WORK REQUIRED
The expected answer is the set of lines in the data below between the line holding "λ _. Leads-bind _ _ (Settled-log_event" and the line holding "Leads-attempt m k", inclusive, written out exactly.

DATASET RECORDS below:

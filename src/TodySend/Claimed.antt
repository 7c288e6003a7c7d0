-- ===== src/TodySend/Claimed.antt =====
-- `execute_send` of app/agents/tody_agent.py after its claim: the approval is spent, and the message
-- is handed to the client once.
use tachy_cognitive_ai_agent.Common.{
  ℕ, ◌≡◌, ap, ◌∙◌, true, false, Option, some, List, [], ◌∷◌, ◌++◌,
}
use tachy_cognitive_ai_agent.Database.{TableOps, IsLawful}
use tachy_cognitive_ai_agent.Safety.World.{
  Status, Approval, World, M, Outcome, returned, raised, tody_send_executed, tody_send_failed,
}
use tachy_cognitive_ai_agent.Safety.Keeps.{Leads, Leads-bind, Leads-pure}
use tachy_cognitive_ai_agent.ActionEngine.Settled.{
  Settled, Settled-log_event, Settled-complete_execution,
}
use tachy_cognitive_ai_agent.TodySend.{
  Message, Payloads, Services, attempt, call_client, deliver, settle, send_claimed,
}

-- What the services may do to the store: they may add approvals but change none that is there, and
-- send nothing besides.
pub record IsContained {T : TableOps Approval} (S : Services T) : Type 0 where
  pub send_keeps :
      (m : Message) (w : World T Message) (j : ℕ) (r : Approval)
      → T.get w.approvals j ≡ some r
      → T.get (S.send_message m w).1.approvals j ≡ some r
  pub send_calls : (m : Message) (w : World T Message) → (S.send_message m w).1.calls ≡ w.calls
  pub sent_keeps :
      (m : Message) (id : ℕ) (w : World T Message) (j : ℕ) (r : Approval)
      → T.get w.approvals j ≡ some r
      → T.get (S.note_sent m id w).1.approvals j ≡ some r
  pub sent_calls :
      (m : Message) (id : ℕ) (w : World T Message) → (S.note_sent m id w).1.calls ≡ w.calls
  pub failed_keeps :
      (m : Message) (w : World T Message) (j : ℕ) (r : Approval)
      → T.get w.approvals j ≡ some r
      → T.get (S.note_failed m w).1.approvals j ≡ some r
  pub failed_calls : (m : Message) (w : World T Message) → (S.note_failed m w).1.calls ≡ w.calls

module _ {T : TableOps Approval} (L : IsLawful T) (P : Payloads) (S : Services T)
    (H : IsContained S) (i : ℕ) (cs : List Message) where
  Settled-call_client :
      (m : Message) → Leads (Settled i cs) (call_client P S m) (Settled i (cs ++ m ∷ []))
  unfolding call_client
  Settled-call_client m = record {
    at = λ w e.
        let u = record w { calls = w.calls ++ m ∷ [] } in
        record {
          calls = H.send_calls m u ∙ ap (λ (l : List Message). l ++ m ∷ []) e.calls;
          row = e.row;
          at = H.send_keeps m u i e.row e.at;
          spent = e.spent;
        };
  }

  Settled-note_sent :
      (m : Message) (id : ℕ) → Leads (Settled i cs) (S.note_sent m id) (Settled i cs)
  Settled-note_sent m id = record {
    at = λ w e. record {
      calls = H.sent_calls m id w ∙ e.calls;
      row = e.row;
      at = H.sent_keeps m id w i e.row e.at;
      spent = e.spent;
    };
  }

  Settled-note_failed : (m : Message) → Leads (Settled i cs) (S.note_failed m) (Settled i cs)
  Settled-note_failed m = record {
    at = λ w e. record {
      calls = H.failed_calls m w ∙ e.calls;
      row = e.row;
      at = H.failed_keeps m w i e.row e.at;
      spent = e.spent;
    };
  }

module _ {T : TableOps Approval} (L : IsLawful T) (P : Payloads) (S : Services T)
    (H : IsContained S) (i : ℕ) (cs : List Message) where
  Settled-deliver :
      (m : Message) → Leads (Settled i cs) (deliver P S i m) (Settled i (cs ++ m ∷ []))
  unfolding deliver
  Settled-deliver m =
      let ds = cs ++ m ∷ [] in
      Leads-bind _ _ (Settled-call_client L P S H i cs m) λ id.
        Leads-bind _ _ (Settled-note_sent L P S H i ds m id) λ _.
          Leads-bind _ _ (Settled-log_event L i ds (tody_send_executed i m.conversation_id id))
            λ _. Leads-bind _ _ (Settled-complete_execution L i ds true) λ c. Leads-pure c.status

  Settled-settle :
      (m : Message) (o : Outcome (Option Status))
      → Leads (Settled i cs) (settle P S i m o) (Settled i cs)
  unfolding settle
  Settled-settle m (returned status) = Leads-pure _
  Settled-settle m (raised e) = Leads-bind _ _ (Settled-complete_execution L i cs false) λ _.
      Leads-bind _ _ (Settled-note_failed L P S H i cs m)
        λ _. Leads-bind _ _ (Settled-log_event L i cs (tody_send_failed i)) λ _. Leads-pure _

  Leads-attempt :
      {A : Type 0} {X Y : World T Message → Type 0} (m : M T Message A)
      → Leads X m Y
      → Leads X (attempt P S m) Y
  unfolding attempt
  Leads-attempt m k = record { at = k.at }

module _ {T : TableOps Approval} (L : IsLawful T) (P : Payloads) (S : Services T)
    (H : IsContained S) (i : ℕ) (cs : List Message) where
  pub Settled-send_claimed :
      (m : Message) → Leads (Settled i cs) (send_claimed P S i m) (Settled i (cs ++ m ∷ []))
  unfolding send_claimed
  Settled-send_claimed m =
      Leads-bind _ _ (Leads-attempt L P S H i cs _ (Settled-deliver L P S H i cs m))
        λ o. Settled-settle L P S H i (cs ++ m ∷ []) m o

End of DATASET RECORDS.

YOUR RESPONSE
        λ _. Leads-bind _ _ (Settled-log_event L i cs (tody_send_failed i)) λ _. Leads-pure _

  Leads-attempt :
      {A : Type 0} {X Y : World T Message → Type 0} (m : M T Message A)
      → Leads X m Y
      → Leads X (attempt P S m) Y
  unfolding attempt
  Leads-attempt m k = record { at = k.at }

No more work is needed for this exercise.